Política PSD quer "audição urgente" de João Galamba sobre exploração de lítio em Montalegre

PSD quer "audição urgente" de João Galamba sobre exploração de lítio em Montalegre

O grupo parlamentar do PSD solicitou uma "audição urgente" do governante João Galamba na Comissão de Ambiente, Energia e Ordenamento do Território pelo que considera ser a "falta de transparência" no processo de conceção da exploração de lítio em Montalegre.
PSD quer "audição urgente" de João Galamba sobre exploração de lítio em Montalegre
Miguel Baltazar
Lusa 08 de novembro de 2019 às 17:23
Em requerimento enviado na quinta-feira ao presidente da Comissão de Ambiente, Energia e Ordenamento do Território, o grupo parlamentar do PSD solicitou uma "audição urgente" do secretário de Estado Adjunto e da Energia, João Galamba para "esclarecer todas as questões relacionadas com este processo".

Em causa está o contrato de concessão de exploração de lítio no concelho de Montalegre, distrito de Vila Real, aprovado por João Galamba, a 26 de março, à empresa Lusorecursos Portugal Lithium.

"Esta empresa, que dispõe de um capital social de 50 mil euros, foi constituída três dias antes da assinatura de um contrato de exploração que vincula o Estado por 20 anos (35 com a renovação) e envolve um negócio potencial de cerca de 380 milhões de Euros", alerta o grupo parlamentar.

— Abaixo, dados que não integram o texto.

-- ===== src/Cache/Prefs/Tests.antt =====
-- The preferences' theorems at concrete inputs.
use qtoggleserver.Base.{ℕ, ◌≡◌, ◌≢◌, refl, Bool, true, false, some, [], ◌∷◌, inl}
use qtoggleserver.Cache.Prefs.{
  Value, Fields, leaf, object, end, field, found, type_error, get_prefs, set_prefs, get_field,
  set_prefs_rec, set_field, next_object,
}
use qtoggleserver.Cache.Prefs.Paths.{Tells, Apart, get-set_prefs, get-set_prefs_other}

abbrev is_object : Value ℕ → Bool
is_object (object fs) = true
is_object _ = false

is_object-Tells : Tells is_object
is_object-Tells = record { yes_object = λ fs. refl; no_leaf = λ a. refl; no_null = refl }

abbrev prefs : Fields ℕ
prefs = field "theme" (leaf 1) (field "ports" (object (field "sort" (leaf 2) end)) end)

-- An object takes the place of the number under `theme`.
makes :
    set_prefs is_object ("theme" ∷ "dark" ∷ []) (leaf 7) (object prefs)
    ≡ some (
        object (
          field "theme"
            (object (field "dark" (leaf 7) end))
            (field "ports" (object (field "sort" (leaf 2) end)) end)))
unfolding set_prefs set_prefs_rec set_field next_object get_field
makes = refl

get-set_prefs_example :
    (q : Value ℕ) × (set_prefs is_object ("theme" ∷ "dark" ∷ []) (leaf 7) (object prefs) ≡ some q)
    × (get_prefs ("theme" ∷ "dark" ∷ []) q ≡ found (leaf 7))
get-set_prefs_example = get-set_prefs is_object ("theme" ∷ "dark" ∷ []) (leaf 7) prefs

reads : get_prefs ("ports" ∷ "sort" ∷ []) (object prefs) ≡ found (leaf 2)
unfolding get_prefs get_field
reads = refl

reads_safely : get_prefs ("ports" ∷ "sort" ∷ []) (object prefs) ≢ type_error
reads_safely e = cc (reads, e)

parts : Apart ("theme" ∷ "dark" ∷ []) ("ports" ∷ "sort" ∷ [])
unfolding Apart
parts = inl refl

get-set_prefs_other_example :
    (r : Value ℕ) × (set_prefs is_object ("theme" ∷ "dark" ∷ []) (leaf 7) (object prefs) ≡ some r)
    × (get_prefs ("ports" ∷ "sort" ∷ []) r ≡ get_prefs ("ports" ∷ "sort" ∷ []) (object prefs))
get-set_prefs_other_example =
    get-set_prefs_other is_object is_object-Tells ("theme" ∷ "dark" ∷ []) ("ports" ∷ "sort" ∷ [])
      (leaf 7) prefs parts reads_safely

Para o PSD, "a celebração deste contrato de exploração suscitou nos últimos meses muitas dúvidas e suspeitas quanto à sua legalidade e legitimidade".

Entre as dúvidas, os social-democratas referem o facto "de o capital social da empresa Lusorecursos Portugal Lithium não respeitar o compromisso assumido pela empresa titular dos direitos de pesquisa e prospeção, a Lusorecursos Lda".

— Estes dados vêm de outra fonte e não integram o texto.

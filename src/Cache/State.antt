-- ===== src/Cache/State.antt =====
-- The whole cache of qtoggleserver/frontend/js/cache.js in one state: `updateFromEvent` with all its
-- cases, `loadDevice`, `reload` and what `init` does with the outcome of a request for events. `M`
-- stands for the attributes of the main device, `D` for slave devices. The browser's storage is
-- left out.
pub mod Reload
mod Tests
use qtoggleserver.Base.{
  ℕ, Bool, true, false, ◌&&◌, Option, none, some, List, [], ◌∷◌, ◌++◌, leb, if◌then◌else◌, String,
}
use qtoggleserver.Auth.{access_level_admin, access_level_viewonly}
use qtoggleserver.Cache.{DeviceEvent, update_devices}
use qtoggleserver.Cache.Ports.{Port, PortEvent, update_ports}

pub record State (M D A V : Type 0) : Type 0 where
  pub cache_ready : Bool
  pub main_device : Option M
  pub slave_devices : Option (List (String × D))
  pub all_ports : Option (List (String × Port A V))
  pub reload_needed : Bool

pub data CacheEvent (M D A V : Type 0) : Type 0 where
  slave_device_event : DeviceEvent D → CacheEvent M D A V
  port_event : PortEvent A V → CacheEvent M D A V
  device_update : M → CacheEvent M D A V
  full_update : CacheEvent M D A V
  other_event : CacheEvent M D A V

-- What the cache asks of the other parts: listening is stopped, if it is on, and started again, or
-- data are loaded.
pub data Loader : Type 0 where
  load_device load_ports load_slave_devices load_prefs load_provisioning_configs : Loader

pub data Effect : Type 0 where
  restart_listening : Effect
  call_loader : Loader → Effect

abbrev pub apply_event {ℓ} : {S : Type ℓ} → (S → S) → Option S → Option S
apply_event f none = none
apply_event f (some s) = some (f s)

-- `load`: the loaders that it starts.
unfoldable pub load : ℕ → Bool → List Loader
load access_level slaves_enabled =
    (if leb access_level_admin access_level then load_device ∷ [] else [])
    ++ ((if leb access_level_viewonly access_level then load_ports ∷ [] else [])
        ++ ((if leb access_level_admin access_level && slaves_enabled
              then load_slave_devices ∷ []
              else [])
            ++ ((if leb access_level_viewonly access_level then load_prefs ∷ [] else [])
                ++ (if leb access_level_admin access_level
                    then load_provisioning_configs ∷ []
                    else []))))

abbrev loaders : List Loader → List Effect
loaders [] = []
loaders (l ∷ ls) = call_loader l ∷ loaders ls

module _ {M D A V : Type 0} where
  -- `reload`
  unfoldable pub reload : Bool → State M D A V → List Effect × State M D A V
  reload now s = (if now then restart_listening ∷ [] else [], record s { reload_needed = true })

  -- The function that `init` has called after each request for events.
  unfoldable pub on_listen : Bool → ℕ → Bool → State M D A V → List Effect × State M D A V
  unfolding load
  on_listen failed access_level slaves_enabled s =
      if failed
      then ([], s)
      else if s.reload_needed
      then (loaders (load access_level slaves_enabled), record s { reload_needed = false })
      else ([], s)

  -- What `loadDevice` does with the attributes that the server sends: it keeps them, or makes a
  -- fake event of them.
  unfoldable pub device_loaded : M → State M D A V → List (CacheEvent M D A V) × State M D A V
  device_loaded attrs s = elim s.main_device [
    | none ↦ ([], record s { main_device = some attrs })
    | some m ↦ (device_update attrs ∷ [], s)
  ]

  module _ (name : D → String) (now : ℕ) where
    -- `updateFromEvent`
    unfoldable pub update_from_event :
        CacheEvent M D A V → State M D A V → List Effect × State M D A V
    unfolding update_devices update_ports reload
    update_from_event e s =
        if s.cache_ready
        then elim e [
          | slave_device_event d ↦ (
            [],
            record s { slave_devices = apply_event (λ o. update_devices name d o) s.slave_devices },
          )
          | port_event p ↦
              ([], record s { all_ports = apply_event (λ o. update_ports now p o) s.all_ports })
          | device_update m ↦ ([], record s { main_device = some m })
          | full_update ↦ reload true s
          | other_event ↦ ([], s)
        ]
        else ([], s)

    unfoldable pub update_from_events :
        List (CacheEvent M D A V) → State M D A V → List Effect × State M D A V
    unfolding update_from_event
    update_from_events [] s = ([], s)
    update_from_events (e ∷ rest) s =
        let (first, t) = update_from_event e s in
        let (later, u) = update_from_events rest t in (first ++ later, u)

O documento refere que esta empresa tinha comunicado em novembro de 2018 à Direção-Geral de Energia e Geologia (DGEG) que pretendia criar uma nova empresa com um capital social de 1 milhão de euros.

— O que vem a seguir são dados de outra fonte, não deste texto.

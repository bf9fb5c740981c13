-- ===== src/Cache/State/Reload.antt =====
-- A reload of the cache that is asked for is served by the next successful request for events.
use qtoggleserver.Base.{
  when_true, when_false, ℕ, ◌≡◌, refl, ◌∙◌, ap, Bool, true, false, List, [], ◌∷◌, String, if_either,
}
use qtoggleserver.Cache.State.{
  State, CacheEvent, slave_device_event, port_event, device_update, full_update, other_event,
  Effect, load, loaders, reload, on_listen, update_from_event, update_from_events,
}

module _ {M D A V : Type 0} (name : D → String) (now : ℕ) where
  update_from_event-needed :
      (e : CacheEvent M D A V) (s : State M D A V)
      → s.reload_needed ≡ true
      → (update_from_event name now e s).1.reload_needed ≡ true
  unfolding update_from_event reload
  update_from_event-needed (slave_device_event d) s h =
      if_either (λ (r : List Effect × State M D A V). r.1.reload_needed ≡ true) s.cache_ready _ _ h
        h
  update_from_event-needed (port_event p) s h =
      if_either (λ (r : List Effect × State M D A V). r.1.reload_needed ≡ true) s.cache_ready _ _ h
        h
  update_from_event-needed (device_update m) s h =
      if_either (λ (r : List Effect × State M D A V). r.1.reload_needed ≡ true) s.cache_ready _ _ h
        h
  update_from_event-needed full_update s h =
      if_either (λ (r : List Effect × State M D A V). r.1.reload_needed ≡ true) s.cache_ready _ _
        refl h
  update_from_event-needed other_event s h =
      if_either (λ (r : List Effect × State M D A V). r.1.reload_needed ≡ true) s.cache_ready _ _ h
        h

  needed :
      (es : List (CacheEvent M D A V)) (s : State M D A V)
      → s.reload_needed ≡ true
      → (update_from_events name now es s).1.reload_needed ≡ true
  unfolding update_from_events
  needed [] s h = h
  needed (e ∷ es) s h =
      needed es ((update_from_event name now e s).1) (update_from_event-needed e s h)

  asked :
      (s : State M D A V)
      → s.cache_ready ≡ true
      → (update_from_event name now full_update s).1.reload_needed ≡ true
  unfolding update_from_event reload
  asked s h =
      ap (λ (r : List Effect × State M D A V). r.1.reload_needed) (when_true s.cache_ready _ _ h)

  idle :
      (level : ℕ) (slaves failed : Bool) (s : State M D A V)
      → s.reload_needed ≡ false
      → (on_listen failed level slaves s).0 ≡ []
  unfolding on_listen
  idle level slaves true s h = refl
  idle level slaves false s h =
      ap (λ (r : List Effect × State M D A V). r.0) (when_false s.reload_needed _ _ h)

  served :
      (level : ℕ) (slaves : Bool) (s : State M D A V)
      → s.reload_needed ≡ true
      → on_listen false level slaves s
        ≡ (loaders (load level slaves), record s { reload_needed = false })
  unfolding on_listen
  served level slaves s h = when_true s.reload_needed _ _ h

  -- When a full update comes while the cache is ready, then whichever events follow, also when a
  -- request for events fails, the next request that succeeds starts all loaders that the access
  -- level has, and the one after it starts none.
  pub reloads_once :
      (es : List (CacheEvent M D A V)) (s : State M D A V)
      → s.cache_ready ≡ true
      → (level : ℕ) (slaves failed : Bool)
      → let t = (update_from_events name now (full_update ∷ es) s).1 in
        let (effects, u) = on_listen false level slaves ((on_listen true level slaves t).1) in
        (effects ≡ loaders (load level slaves)) × ((on_listen failed level slaves u).0 ≡ [])
  unfolding update_from_events
  reloads_once es s r level slaves failed =
      let t = (update_from_events name now (full_update ∷ es) s).1 in
      let next = served level slaves ((on_listen true level slaves t).1) (
        unfold on_listen in needed es ((update_from_event name now full_update s).1) (asked s r)) in
      (
        ap (λ x. x.0) next,
        ap (λ x. (on_listen failed level slaves x.1).0) next ∙ idle level slaves failed _ refl,
      )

O PSD destaca ainda que o caso tem sido "amplamente noticiado pela comunicação social", nomeadamente pelo programa da RTP 'Sexta às 9', da autoria da jornalista Sandra Felgueiras, a quem o grupo parlamentar também requereu uma audição urgente na comissão.

Segundo o grupo parlamentar dos social-democratas, quer a DGEG quer João Galamba foram oportunamente informados dos conflitos e litígios internos envolvendo os sócios Lusorecursos, Lda na luta pelo controlo da empresa.

"Primeiro através de carta registada e, posteriormente, numa reunião, realizada a 26 de março de 2019, em que o ex-presidente da Câmara do Porto Nuno Cardoso alertou os responsáveis políticos do Ministério para os problemas em questão e aconselhou prudência nas decisões", acrescenta.

O pedido de audiência refere ainda que "o contrato de concessão foi celebrado sem a existência do indispensável estudo de impacte ambiental".

"Facto que levou o antigo responsável da DGEG, Mário Guedes, exonerado pelo secretário de Estado João Galamba em novembro de 2018, a afirmar publicamente que não assinaria o contrato que a DGEG assinou quatro meses após a sua saída", realça.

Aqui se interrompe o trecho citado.